5. Les associations intermédiaires enfin, en plus d'être le cadre de concertation entre les producteurs eux-mêmes, doivent promouvoir des modalités de dialogue avec l'Etat afin de freiner les tendances à l'apparition du clientélisme et à l'appropriation de la décentralisation par les pouvoirs locaux et les élites régionales. Ces modalités pourraient prendre la forme de comités de concertation, qui constitueraient l'espace principal du dialogue entre ces associations et la représentation sectorielle de l'Etat, à savoir le Ministère de développement rural. Ils permettraient à la fois de traiter d'une manière concertée les problématiques spécifiques de chaque filière et de formuler d'une manière claire et cohérente les demandes d'appui à l'Etat et aux autres acteurs du développement rural. Un organisme important à cet égard serait la création d'un Réseau d'associations intermédiaires pour faciliter les échanges d'information, d'expériences et d'entraide. Ce réseau organiserait les flux d'information entre les associations intermédiaires régionales et pourrait proposer des actions de coopération technique entre elles. Le réseau augmenterait la capacité de dialogue et de proposition des populations rurales avec les autres acteurs du développement rural.
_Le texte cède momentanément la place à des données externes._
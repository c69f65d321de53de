-- ===== src/Packet/Tcp/Wire.antt =====
-- The TCP parser reads back a printed header.
use timing_proxy.Base.{ℕ, ◌+◌, ◌*◌, ◌/◌, ◌%◌, ◌<◌, ◌≤◌, ◌≡◌, refl, false, ltb, some, arith, ok}
use timing_proxy.Packet.Memory.{Memory, sub_size}
use timing_proxy.Packet.Memory.Holds.{
  Holds, load16-Holds, load32-Holds, ntohs-swapped, ntohl-swapped,
}
use timing_proxy.Packet.Types.{tcp, Artefacts}
use timing_proxy.Packet.Tcp.{TcpParser, parse_header, decode_until, new_tcp_parser}
use timing_proxy.Packet.Wire.{TcpHeader, IsTcpHeader, print_tcp}

-- What the parser holds after a header.
abbrev parsed : TcpHeader → ℕ → ℕ → TcpParser
parsed h q size = record {
  base = record {
    packet = some q;
    payload = some (q + h.offset * 4);
    packet_size = size;
    payload_size = sub_size size (h.offset * 4);
  };
  sport = h.sport;
  dport = h.dport;
  seq = h.seq;
  ack = h.ack;
  header_length = h.offset * 4;
}

offset_nibble : (o r : ℕ) → o < 16 → r < 16 → (o * 16 + r) / 16 % 16 * 4 ≡ o * 4
offset_nibble o r ho hr = omega arith

module _ (m : Memory) (q size : ℕ) (h : TcpHeader) (good : IsTcpHeader h)
    (held : Holds m q (print_tcp h)) (big : 20 ≤ size) where
  parse_header-print : (this : TcpParser) → parse_header m this (some q) size ≡ ok (parsed h q size)
  unfolding parse_header
  parse_header-print this =
      let size_ok : ltb size 20 ≡ false = ground arith in
      rw (
        size_ok,
        load16-Holds m q (print_tcp h) held 0 h.sport refl refl,
        load16-Holds m q (print_tcp h) held 2 h.dport refl refl,
        load32-Holds m q (print_tcp h) held 4 h.seq refl refl refl refl,
        load32-Holds m q (print_tcp h) held 8 h.ack refl refl refl refl,
        held 12 (h.offset * 16 + h.reserved) refl,
        ntohs-swapped h.sport good.sport,
        ntohs-swapped h.dport good.dport,
        ntohl-swapped h.seq good.seq,
        ntohl-swapped h.ack good.ack,
        offset_nibble h.offset h.reserved good.offset good.reserved,
      )

  pub decode_until-print :
      (a : Artefacts)
      → decode_until tcp m (some q) size a
        ≡ ok (record {
          payload = some (q + h.offset * 4);
          payload_size = sub_size size (h.offset * 4);
          artefacts = record a { payload_type = tcp; src_port = h.sport; dst_port = h.dport };
        })
  unfolding decode_until
  decode_until-print a = rw (parse_header-print new_tcp_parser)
Cette effort d'organisation de la part des associations intermédiaires permettrait la réalisation globale du processus de décentralisation et des actions de développement rural sur la base d'un dialogue permanent entre le Ministère chargé du développement rural, les autres acteurs du développement et le Réseau d'associations intermédiaires.[27] De cette manière, le Ministère chargé du développement rural deviendrait progressivement l'espace de médiation et d'arbitrage par sa mise en place de dispositifs de concertation et de participation des populations rurales à tous les niveaux. Par une décentralisation de ce type, l'Etat pourrait se déployer sur le terrain et se rapprocher des réalités locales, sans perdre sa capacité de globalisation et d'imprimer une logique d'ensemble au développement des espaces ruraux.
|
[23]
Ces organismes pourraient être une émanation des
associations intermédiaires ou, si cela n'est pas possibe dans un premier
temps, ils pourraient être construits en partenariat avec l'Etat ou avec
d'autres acteurs du développement rural. Deux projets récents de
la FAO en appui à la restructuration des institutions au Togo et en
Haïti, avancent actuellement sur cette voie du renforcement des
associations intermédiaires et constituent de ce point de vue des
références interessantes pour la caractérisation des
nouvelles organisations. Voir FAO (1995b), Haïti. Préparation de
la restructuration des institutions de développement agricole,
Rapport de deuxième étape: version provisoire et confidentielle,
septembre 1995, et FAO (1995c), Togo. Préparation d'un plan de
restructuration des institutions rurales, Rapport de synthèse de la
deuxième étape: version provisoire et confidentielle, mars 1995.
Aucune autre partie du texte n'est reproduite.